Introduction
Using Nomad UI and CLI, one could review and monitor any job's current status. However, there could be some scenarios where these status views might not be consistent like in case of some terminal/dead jobs.
In this guide, we will see how we can make this status view more consistent using several native commands, as it would help in fine-tuning monitoring/observation of the jobs.
Lab Setup (to reproduce the issue)
Note: This KB is using below Nomad and Consul versions, however feel free to use any compatible version which supports periodic job, garbage collection and system reconcile summary operations.
Nomad Version: 1.7.2+ent
Consul Version: 1.17.3+ent
-
Run both consul & nomad in dev mode with connect enabled.

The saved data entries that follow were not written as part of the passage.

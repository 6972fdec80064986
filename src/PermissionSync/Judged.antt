-- ===== src/PermissionSync/Judged.antt =====
-- What the judgement of a resource rests on: its access list, its type and the folders above it.
use knowledge_graph_mvp.Prelude.{
  Bool, Bool-cases, In, List, Option, String, Text, any, arith, contains, eq_of_==, false,
  if◌then◌else◌, inl, inr, is_empty, label_eq_iff, list_eq, nat_eq, none, not, refl, some,
  string_eq, sym, true, true_of_not, ℕ, ◌==◌, ◌∙◌, ◌≡◌,
}
use knowledge_graph_mvp.DriveAcl.{Permission, is_set, has_public_link, has_domain_visibility}
use knowledge_graph_mvp.Models.{Env, SourceDocument, AclDb}
use knowledge_graph_mvp.SpiceDb.{PermissionTuple, tuple_eq}
use knowledge_graph_mvp.Identifiers.{document_object_id}
use knowledge_graph_mvp.PermissionSync.{
  CapturedAcl, permissions_reason, resource_acl_reason, document_reason, document_acl,
}
use knowledge_graph_mvp.PermissionSync.Managed.{
  IsAccepted, permissions_reason-IsAccepted, unless_label,
}
use knowledge_graph_mvp.PermissionSync.State.{
  excluded, eligible, resource_tuples, raw_of, judge_document,
}

-- What a resource without a reason has.
pub record IsSupported (acl : Option CapturedAcl) (unresolved : List Text) : Type 0 where
  pub captured : CapturedAcl
  pub is_captured : acl ≡ some captured
  pub complete : captured.permissions_complete ≡ true
  pub no_public_link : has_public_link captured.raw_permissions ≡ false
  pub no_domain_visibility : has_domain_visibility captured.raw_permissions ≡ false
  pub accepted :
      (p : Permission)
      → In p captured.raw_permissions
      → is_set p.deleted ≡ false
      → IsAccepted unresolved p

pub resource_acl_reason-IsSupported :
    (acl : Option CapturedAcl) (unresolved : List Text)
    → resource_acl_reason acl unresolved ≡ ""
    → IsSupported acl unresolved
unfolding resource_acl_reason
resource_acl_reason-IsSupported none unresolved h =
    absurd (ground (arith, label_eq_iff "permission_metadata_incomplete" ""))
resource_acl_reason-IsSupported (some acl) unresolved h =
    let (a, h1) =
      unless_label (not acl.permissions_complete) "permission_metadata_incomplete" _ refl h in
    let (b, h2) =
      unless_label (has_public_link acl.raw_permissions) "public_link_not_supported" _ refl h1 in
    let (c, h3) =
      unless_label (has_domain_visibility acl.raw_permissions)
        "domain_wide_visibility_not_supported" (permissions_reason unresolved acl.raw_permissions)
        refl h2 in
    record {
      captured = acl;
      is_captured = refl;
      complete = true_of_not acl.permissions_complete a;
      no_public_link = b;
      no_domain_visibility = c;
      accepted = λ p i d. permissions_reason-IsAccepted unresolved p acl.raw_permissions h3 i d;
    }

pub document_reason-IsSupported :
    (d : SourceDocument) (acl : Option CapturedAcl) (unresolved invalid : List Text)
    → document_reason d acl unresolved invalid ≡ ""
    → ((d.exclusion_reason == "unsupported_mime_type") ≡ false)
      × (any (contains invalid) d.parent_folder_ids ≡ false)
      × IsSupported acl unresolved
unfolding document_reason
document_reason-IsSupported d acl unresolved invalid h =
    elim (Bool-cases (d.exclusion_reason == "unsupported_mime_type")) [
      | inl e ↦ absurd (
          sticky (
            sym (eq_of_== d.exclusion_reason "unsupported_mime_type" e)
            ∙ (rw (e, document_reason) at h)))
      | inr e ↦
          let (b, k) =
            unless_label (any (contains invalid) d.parent_folder_ids)
              "permission_metadata_incomplete" (resource_acl_reason acl unresolved) refl
              (rw (e, document_reason) at h) in
          (e, b, resource_acl_reason-IsSupported acl unresolved k)
    ]
  where
    sticky : ◌≡◌ {A = String} "unsupported_mime_type" "" → ⊥
    sticky p = ground (arith, label_eq_iff "unsupported_mime_type" "")

-- The branches of the judgement of a document that make it eligible.
both_passed :
    (a b : Bool) (reason : String) (ts tuples : List PermissionTuple)
    → (if a then excluded reason else if b then excluded "no_effective_grants" else eligible ts)
      ≡ eligible tuples
    → (a ≡ false) × (b ≡ false) × (tuples ≡ ts)
both_passed true b reason ts tuples h = cc
both_passed false true reason ts tuples h = cc
both_passed false false reason ts tuples h = (refl, refl, cc)

module _ (env : Env) (connection_id : ℕ) (db : AclDb) (unresolved ids : List Text) where
  pub record IsEligible (invalid : List Text) (d : SourceDocument) (tuples : List PermissionTuple)
      : Type 0 where
    pub supported_type : (d.exclusion_reason == "unsupported_mime_type") ≡ false
    pub outside_invalid : any (contains invalid) d.parent_folder_ids ≡ false
    pub supported : IsSupported (document_acl db d) unresolved
    pub has_grant : is_empty tuples ≡ false
    pub are_its :
        tuples
        ≡ resource_tuples env connection_id "kgm/document"
            (document_object_id connection_id d.pk)
            (raw_of (document_acl db d))
            d.parent_folder_ids
            ids

  pub judge_document-IsEligible :
      (invalid : List Text) (d : SourceDocument) (tuples : List PermissionTuple)
      → judge_document env connection_id db unresolved ids invalid d ≡ eligible tuples
      → IsEligible invalid d tuples
  unfolding judge_document
  judge_document-IsEligible invalid d tuples h =
      let its : List PermissionTuple =
        resource_tuples env connection_id "kgm/document" (document_object_id connection_id d.pk)
          (raw_of (document_acl db d)) d.parent_folder_ids ids in
      let reason : String = document_reason d (document_acl db d) unresolved invalid in
      let (a, b, e) = both_passed (not (reason == "")) (is_empty its) reason its tuples h in
      let (c, k, sup) =
        document_reason-IsSupported d (document_acl db d) unresolved invalid
          (eq_of_== reason "" (true_of_not _ a)) in
      record {
        supported_type = c;
        outside_invalid = k;
        supported = sup;
        has_grant = rw e b;
        are_its = e;
      }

consul_config.hclports { grpc = 8502 } connect { enabled = true }
$ consul agent -dev -config-file=./consul_config.hcl
nomad_config.hcl
server {
# license_path is required for Nomad Enterprise as of Nomad v1.1.1+
license_path = "/etc/nomad.d/license.hclic"
enabled = true
}
acl {
enabled = true
}
$ nomad agent -dev-connect -dev-consul -config=./nomad_config.hcl
-
Run the following periodic job in a default namespace.
job "docs-1" { datacenters = ["ns1"] namespace = "default" type = "batch" periodic { cron = "*/15 * * * * * *" prohibit_overlap = true } group "example" { network { port "http" { static = "5678" } } task "server" { driver = "docker" config { image = "hashicorp/http-echodgdgdg" # Intentionally passed wrong image for the job to fail ports = ["http"] args = [ "-listen", ":5678", "-text", "hello world", ] } } } }
[ec2-user@ip-172-31-44-235 ~]$ nomad job status docs-1
ID = docs-1
Name = docs-1
Submit Date = 2024-05-24T06:35:26Z
Type = batch
Priority = 50
Datacenters = dc1
Namespace = default
Node Pool = default
Status = running
Periodic = true
Parameterized = false
Next Periodic Launch = 2024-05-24T07:11:15Z (14s from now)
Children Job Summary
Pending Running Dead
0 1 9
Previously Launched Jobs
ID Status
docs-1/periodic-1716533340 dead
docs-1/periodic-1716533475 dead
docs-1/periodic-1716533610 dead
docs-1/periodic-1716533745 dead
docs-1/periodic-1716533880 dead
docs-1/periodic-1716534015 dead
docs-1/periodic-1716534150 dead
docs-1/periodic-1716534285 dead
docs-1/periodic-1716534420 dead
docs-1/periodic-1716534555 running
-
When allocation gets into dead state, then run the command nomad system gc to clean terminal jobs/allocs, however in the job status under Children Job Summary there are 9 dead allocations present but in the Previously Launched Jobs section, it is not present. Same is the case in Nomad UI as well.
[ec2-user@ip-172-31-44-235 ~]$ nomad job status docs-1 ID = docs-1 Name = docs-1 Submit Date = 2024-05-24T06:35:26Z Type = batch Priority = 50 Datacenters = dc1 Namespace = default Node Pool = default Status = running Periodic = true Parameterized = false Next Periodic Launch = 2024-05-24T07:12:00Z (14s from now) Children Job Summary Pending Running Dead 0 1 9 Previously Launched Jobs ID Status docs-1/periodic-1716534690 running
Solution to the issue
Expectation would be that once nomad system gc runs on terminal allocs for periodic jobs, then there should be a consistency of job status and history on both UI and CLI.
In order to fix the same, user has to run nomad system reconcile summaries command after performing nomad system gc as it would reconcile the summaries of all registered jobs.
https://developer.hashicorp.com/nomad/docs/commands/system/reconcile-summaries
https://developer.hashicorp.com/nomad/docs/commands/system
[ec2-user@ip-172-31-44-235 ~]$ nomad job status docs-1
ID = docs-1
Name = docs-1
Submit Date = 2024-05-24T06:35:26Z
Type = batch
Priority = 50
Datacenters = dc1
Namespace = default
Node Pool = default
Status = running
Periodic = true
Parameterized = false
Next Periodic Launch = 2024-05-24T07:13:45Z (8s from now)
Children Job Summary
Pending Running Dead
0 1 0
Previously Launched Jobs
ID Status
docs-1/periodic-1716534690 running
Conclusion
Nomad perform garbage collection of jobs, evaluations, allocations, and nodes using nomad system gc. This is an asynchronous operation.
Nomad periodically garbage collects jobs, evaluations, allocations, and nodes. The exact garbage collection logic varies by object, but in general Nomad only permanently deletes objects once they are terminal and no longer needed for future scheduling decisions.
Though gc would clean up objects, but for the consistent view of the same on UI and CLI, we need to perform system reconcile summaries operation so that Nomad will reconcile the summary of all registered jobs.